Publisher:  Thames & Hudson, New York, NY, © 2015

Essays:  Foreword by Hans Ulrich Obrist: “Ever Louise” / Introduction by Alex Van Gelder

Text:  English

Hardcover book with 112 pages, not numbered; 81 color photographs without captions; sewn binding; cloth cover with dust jacket, printed and bound in China

Photobook Designer:  Béatrice Akar

 

Notes:

This photobook presents 81 extraordinary collaborative images taken during the last three years of life of the French-American artist Louise Bourgeois (1911-2010), who came to the US in 1938 and was primarily known for her sculptures and installations, but also for her paintings and prints. Her art received the most attention from the 1970s on, and she was also a strong fighter for artistic freedom and social justice. Alex Van Gelder, the photographer now based in Paris, became her friend and, from 2008 to 2010, was repeatedly invited to her home in New York City in order to participate in the creation of this personal yet public reality of a highly creative and spirited individual. As Van Gelder says in the foreword, “She became a consummate performer in front of the camera.”
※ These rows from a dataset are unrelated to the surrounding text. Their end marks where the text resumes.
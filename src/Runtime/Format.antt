-- ===== src/Runtime/Format.antt =====
-- `format` of src/rt/fmt.c. The format string is the list of its units before the NUL; the variable
-- arguments are a sequence of 32-bit words, some of them addresses of strings.
use jornada_gpib.Prelude.{
  int_of, ℤ, ℕ, zero, suc, ◌+◌, ◌-◌, ◌*◌, ◌%◌, ◌^◌, Bool, true, false, not, ◌&&◌, ◌||◌, ◌==◌, leb,
  if◌then◌else◌, List, [], ◌∷◌, Option, none, some, length,
}
use jornada_gpib.Runtime.Sink.{Sink, put, finish}
use jornada_gpib.Runtime.Memory.{Memory}
use jornada_gpib.Runtime.Numbers.{emit_number, emit_wstr, emit_str}

pub record Args : Type 0 where
  pub word : ℕ → ℕ
  pub wide_at : ℕ → List ℕ
  pub narrow_at : ℕ → List ℕ

-- The flags, the width and the conversion character after a '%', and the format string after it.
pub record Directive : Type 0 where
  pub left : Bool
  pub zero_fill : Bool
  pub width : ℕ
  pub conversion : ℕ
  pub rest : List ℕ

-- The loop over '-' and '0'.
abbrev pub flags : Bool → Bool → List ℕ → Bool × Bool × List ℕ
flags left zero_fill [] = (left, zero_fill, [])
flags left zero_fill (c ∷ cs) =
    let more = flags (left || c == 0x2d) (zero_fill || c == 0x30) cs in
    if c == 0x2d || c == 0x30 then more else (left, zero_fill, c ∷ cs)

-- The loop over the digits of the width.
abbrev pub width_of : ℕ → List ℕ → ℕ × List ℕ
width_of width [] = (width, [])
width_of width (c ∷ cs) =
    let more = width_of (width * 10 + (c - 0x30)) cs in
    if leb 0x30 c && leb c 0x39 then more else (width, c ∷ cs)

-- if (*fmt == 'l') fmt++;
abbrev pub skip_l : List ℕ → List ℕ
skip_l [] = []
skip_l (c ∷ cs) = if c == 0x6c then cs else c ∷ cs

abbrev pub directive_at : Bool → Bool → ℕ → List ℕ → Option Directive
directive_at left zero_fill width [] = none
directive_at left zero_fill width (c ∷ cs) =
    some (record { left = left; zero_fill = zero_fill; width = width; conversion = c; rest = cs })

-- From after a '%'; none where the format string ends first.
unfoldable pub directive : List ℕ → Option Directive
directive fmt =
    let (left, zero_fill, fmt') = flags false false fmt in
    let (width, fmt'') = width_of 0 fmt' in directive_at left zero_fill width (skip_l fmt'')

abbrev pub string_at : (ℕ → List ℕ) → ℕ → Option (List ℕ)
string_at at w = if w == 0 then none else some (at w)

-- v < 0
abbrev pub is_negative : ℕ → Bool
is_negative w = leb (2 ^ 31) w

-- v < 0 ? (unsigned int)(-(v + 1)) + 1u : (unsigned int)v
abbrev pub magnitude : ℕ → ℕ
magnitude w = if is_negative w then (2 ^ 32 - 1 - w + 1) % 2 ^ 32 else w

-- The `switch`: `w` is the next argument. With the sink, whether the argument was taken.
unfoldable pub convert : Args → Directive → (w : ℕ) → Sink → Sink × Bool
convert a d w s =
    let c = d.conversion in
    if c == 0x64 || c == 0x69
    then (emit_number s (magnitude w) 10 false (is_negative w) d.width d.left d.zero_fill, true)
    else if c == 0x75
    then (emit_number s w 10 false false d.width d.left d.zero_fill, true)
    else if c == 0x78
    then (emit_number s w 16 false false d.width d.left d.zero_fill, true)
    else if c == 0x58
    then (emit_number s w 16 true false d.width d.left d.zero_fill, true)
    else if c == 0x70
    then (emit_number (put (put s 0x30) 0x78) w 16 false false 8 false true, true)
    else if c == 0x63
    then (put s (w % 2 ^ 16), true)
    else if c == 0x73
    then (emit_wstr s (string_at a.wide_at w) d.width d.left, true)
    else if c == 0x53
    then (emit_str s (string_at a.narrow_at w) d.width d.left, true)
    else if c == 0x25
    then (put s 0x25, false)
    else (put (put s 0x25) c, false)

-- The next position in the arguments.
abbrev pub after_arg : Bool → ℕ → ℕ
after_arg taken pos = if taken then pos + 1 else pos

-- The outer loop, for `rounds` characters or directives at most; none where that is too few.
unfoldable pub format_loop : (rounds : ℕ) → Args → (pos : ℕ) → List ℕ → Sink → Option Sink
unfolding directive
format_loop zero a pos fmt s = none
format_loop (suc rounds) a pos [] s = some s
format_loop (suc rounds) a pos (c ∷ cs) s =
    let plain : Option Sink = format_loop rounds a pos cs (put s c) in
    let converted : Option Sink = elim (directive cs) [
      | none ↦ some s
      | some d ↦
          let (s', taken) = convert a d (a.word pos % 2 ^ 32) s in
          format_loop rounds a (after_arg taken pos) d.rest s'
    ] in
    if not (c == 0x25) then plain else converted

-- The sink at the end, and what is returned: its `len`, cast to `int`.
unfoldable pub format : Args → List ℕ → Sink → Option (Sink × ℤ)
unfolding format_loop finish
format a fmt s = elim (format_loop (suc (length fmt)) a 0 fmt s) [
  | none ↦ none
  | some s' ↦ some (finish s', int_of (finish s').len)
]

unfoldable pub vfmt : Memory → (cap : ℕ) → List ℕ → Args → Option (Sink × ℤ)
unfolding format
vfmt buf cap fmt a = format a fmt (record { wide = true; out = buf; cap = cap; len = 0 })

unfoldable pub vfmt8 : Memory → (cap : ℕ) → List ℕ → Args → Option (Sink × ℤ)
unfolding format
vfmt8 buf cap fmt a = format a fmt (record { wide = false; out = buf; cap = cap; len = 0 })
In viewing the images, we can literally experience the joy of the artist in the process of creation, as well as the pain of aging, perhaps foremost among them her inability to move around as freely as possible, as she was paralyzed from the hip down. The photographer uses a variety of techniques to show the difficulties of both artistic creation and old age, such as distortions and long exposures with the resulting blurred appearances: self-reflection through visual ambiguity. The viewer is not only reminded of the work of John Coplans, but also of Cindy Sherman: Louise Bourgeois here assumes many roles (some with disguises) in a number of settings within her house. A very creative look at the last few years of this artist as a result; she is shown working in her studio on paintings, posing with some small sculptures, as well as in mundane settings of everyday life.

This book confronts the viewer with his or her own aging process and creativity. It is a stark yet supportive and positive, even optimistic presentation, at times with some humor as well. As the artist is shown active even at the very end, we get the idea that she is creative and hopeful in spite of it all. Since Louise Bourgeois considered much of her work autobiographical, based in part on childhood traumas, these portraits give us a glimpses of the relationships between the artist and her art, and many other dimensions to reflect on as well. The human body, with its fragile and temporary nature, was a main theme in her art, and this is certainly well represented in this visceral yet elegant collaborative photographic study.